Heart Failure: A Worldwide Epidemic of Immediate Importance
According to a report in the New England Journal of Medicine (New Engl J Med. 2002;347:1397–1402), a review of heart failure among subjects in the more than 50 years of the Framingham Heart Failure Study shows that the rates of the disorder remained unchanged for men but declined in women. Survival from heart failure has improved in both sexes.
In this study, researchers identified 1075 people who had heart failure, 51% of whom were women. The rate of heart failure among men in the period from 1950 through 1969 remained the same from 1970 through 1979, from 1980 through 1989, and from 1990 through 1999. However, it declined 31 to 40% among women when the rate for 1950 through 1969 was compared with the subsequent relevant time periods.
The 30-day, 1-year, and 5-year age-adjusted mortality figures declined from 12%, 30%, and 70%, respectively, in the period from 1950 through 1969 to 11%, 28%, and 59% from 1990 through 1999. The corresponding rates in women were 18%, 28%, and 57% from 1950 through 1969 and 10%, 24%, and 45% from 1990 to 1999. They noted: “Despite the favorable trends in survival, heart failure remains highly fatal; among subjects who were given a diagnosis of heart failure in the 1990s, more than 50% were dead at 5 years.”
Women Don’t DIG Digitalis
Digoxin therapy was associated with increased mortality risk among women with heart failure, but not among men, according to Yale University researchers in a report in the October 29, 2002 issue of the New England Journal of Medicine (N Engl J Med. 2002;347:1403–1411).

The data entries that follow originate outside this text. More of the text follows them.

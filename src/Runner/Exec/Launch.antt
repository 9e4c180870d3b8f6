-- ===== src/Runner/Exec/Launch.antt =====
-- When `action_exec` starts a process, and what it leaves alone when it does not.
use simet_lmapd.Base.{
  ℕ, ◌≤◌, ◌≡◌, refl, ◌≢◌, ◌⊎◌, inl, inr, true, not, ◌||◌, List, ◌∷◌, Option, none, some, arith,
  ◌==◌, Bool-cases, Option-cases, length,
}
use simet_lmapd.Base.Int.{ℤ, pos}
use simet_lmapd.Text.{Str}
use simet_lmapd.Model.{
  Task, Action, Schedule, Lmap, running, disabled, suppressed, is_suppressed, is_disabled, incr32,
}
use simet_lmapd.Data.Containers.{lmap_find_task}
use simet_lmapd.Data.Validity.{given}
use simet_lmapd.Runner.{Io, spawn, head_or}
use simet_lmapd.Runner.Exec.{
  action_exec, exec_key, exec_task, launch, capable, build_argv, minus_one,
}
use simet_lmapd.Runner.Exec.Argv.{build_argv-le}

-- A process was started: the action could run, its task's program is among the capabilities, and
-- only the fields of a started action changed.
pub record Launched (lmap : Lmap) (now : ℤ) (s : Schedule) (a a' : Action) (io io' : Io)
    : Type 0 where
  pub program : Str
  pub argv : List Str
  pub pid : ℕ
  pub not_suppressed : a.state ≢ suppressed
  pub not_disabled : a.state ≢ disabled
  pub idle : a.pid ≡ 0
  pub alive : pid ≢ 0
  pub permitted : capable lmap program ≡ true
  pub fits : length argv ≤ 254
  pub started : a' ≡ record a {
    pid = pid;
    last_invocation = now;
    state = running;
    cnt_invocations = incr32 a.cnt_invocations;
  }
  pub traced : io'.trace ≡ spawn s.name a.name program argv ∷ io.trace

-- No process was started: at most a counter changed.
pub record Refused (a a' : Action) (io io' : Io) : Type 0 where
  pub kept :
      a' ≡ record a { cnt_overlaps = a'.cnt_overlaps; cnt_suppressions = a'.cnt_suppressions }
  pub silent : io'.trace ≡ io.trace

abbrev pub Outcome : Lmap → ℤ → Schedule → Action → Io → Action × ℤ × Io → Type 0
Outcome lmap now s a io r =
    ((r.1 ≡ pos 1) × Launched lmap now s a r.0 io r.2) ⊎ ((r.1 ≢ pos 1) × Refused a r.0 io r.2)

minus-ne-one : minus_one ≢ pos 1
minus-ne-one = λ e. cc

zero-ne-one : pos 0 ≢ pos 1
zero-ne-one = λ e. ground arith

-- Nothing happened.
unchanged : (a : Action) (io : Io) → Refused a a io io
unchanged a io = record { kept = refl; silent = refl }

launch-Outcome :
    (lmap : Lmap) (now : ℤ) (s : Schedule) (a : Action) (program : Str) (argv : List Str) (io : Io)
    → a.state ≢ suppressed
    → a.state ≢ disabled
    → a.pid ≡ 0
    → capable lmap program ≡ true
    → length argv ≤ 254
    → Outcome lmap now s a io (launch now s a program argv io)
unfolding launch
launch-Outcome lmap now s a program argv io p q r c l =
    elim (Bool-cases (head_or io.forks 0 == 0)) [
      | inl bad ↦ rw (bad, launch) (inr (minus-ne-one, record { kept = refl; silent = refl }))
      | inr good ↦
          rw (good, launch)
            (inl (
              refl,
              record {
                program = program;
                argv = argv;
                pid = head_or io.forks 0;
                not_suppressed = p;
                not_disabled = q;
                idle = r;
                alive = ground arith;
                permitted = c;
                fits = l;
                started = refl;
                traced = refl;
              },
            ))
    ]

exec_task-Outcome :
    (lmap : Lmap) (now : ℤ) (s : Schedule) (a : Action) (task : Task) (io : Io)
    → a.state ≢ suppressed
    → a.state ≢ disabled
    → Outcome lmap now s a io (exec_task lmap now s a task io)
unfolding exec_task
exec_task-Outcome lmap now s a task io p q = elim (Option-cases task.program) [
  | inl bad ↦ rw (bad, exec_task) (inr (minus-ne-one, unchanged a io))
  | inr (program, e) ↦
      rw (e, exec_task)
        (elim (Bool-cases (capable lmap program)) [
          | inr bad ↦ rw bad (inr (minus-ne-one, unchanged a io))
          | inl can ↦ rw can (elim (Bool-cases (a.pid == 0)) [
            | inr busy ↦ rw busy (inr (minus-ne-one, record { kept = refl; silent = refl }))
            | inl idle ↦ rw idle (elim (Option-cases (build_argv program task.options a.options)) [
              | inl many ↦ rw many (inr (minus-ne-one, unchanged a io))
              | inr (argv, built) ↦ rw built (
                  launch-Outcome lmap now s a program argv io p q (ground arith) can
                    (build_argv-le program task.options a.options argv built))
            ])
          ])
        ])
]

exec_key-Outcome :
    (lmap : Lmap) (now : ℤ) (s : Schedule) (a : Action) (key : Option Str) (io : Io)
    → Outcome lmap now s a io (exec_key lmap now s a key io)
unfolding exec_key
exec_key-Outcome lmap now s a none io = inr (zero-ne-one, unchanged a io)
exec_key-Outcome lmap now s a (some key) io =
    elim (Bool-cases (not (given a.name) || not (given a.workspace))) [
      | inl bad ↦ rw bad (inr (zero-ne-one, unchanged a io))
      | inr ok ↦ rw ok (elim (Bool-cases (is_suppressed a.state)) [
        | inl bad ↦ rw bad (inr (zero-ne-one, record { kept = refl; silent = refl }))
        | inr free ↦ rw free (elim (Bool-cases (is_disabled a.state)) [
          | inl bad ↦ rw bad (inr (zero-ne-one, unchanged a io))
          | inr on ↦ rw on (elim (Option-cases (lmap_find_task lmap key)) [
            | inl bad ↦ rw bad (inr (minus-ne-one, unchanged a io))
            | inr (task, found) ↦
                rw found (exec_task-Outcome lmap now s a task io (ground arith) (ground arith))
          ])
        ])
      ])
    ]

-- `action_exec` starts at most one process, and only for an action that is neither suppressed nor
-- disabled and has none, with a program that the capabilities list and arguments within bounds; it
-- returns 1 exactly then. In all other cases no process is started and only counters change.
pub action_exec-Outcome :
    (lmap : Lmap) (now : ℤ) (s : Schedule) (a : Action) (io : Io)
    → Outcome lmap now s a io (action_exec lmap now s a io)
unfolding action_exec
action_exec-Outcome lmap now s a io = exec_key-Outcome lmap now s a a.task io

In this analysis of data from the Digoxin Investigation trial (DIG), Yale University researchers, led by Harlan Krumholz, MD, sought to determine if there was a sex-based difference among the 6800 patients in the study. They found that there was an absolute difference of 5.8% between men and women in the effect of digoxin on the rate of death from any cause. “Specifically, women who were randomly assigned to digoxin had a higher rate of death than women who were randomly assigned to placebo,” the researchers noted. The rate of death was similar among men who received digoxin and those who received placebo. In a multivariate analysis, digoxin was associated with a significantly higher risk of death in women but not in men, they noted. In earlier results, the DIG investigators had reported that digoxin did not decrease overall mortality among patients with heart failure and depressed left ventricular systolic function.
The researchers noted: “Our study underscores the importance of investigations of sex-based variations in treatment efficacy. However, few randomized, controlled trials are designed to test for sex-specific effects, and relatively few women have been enrolled in trials of heart-failure therapies. The interaction between sex and digoxin therapy can be confirmed only by a sex-stratified, randomized, controlled trial of digoxin therapy. However, such a study may not be considered ethical, since it would be designed to confirm risk and not benefit.”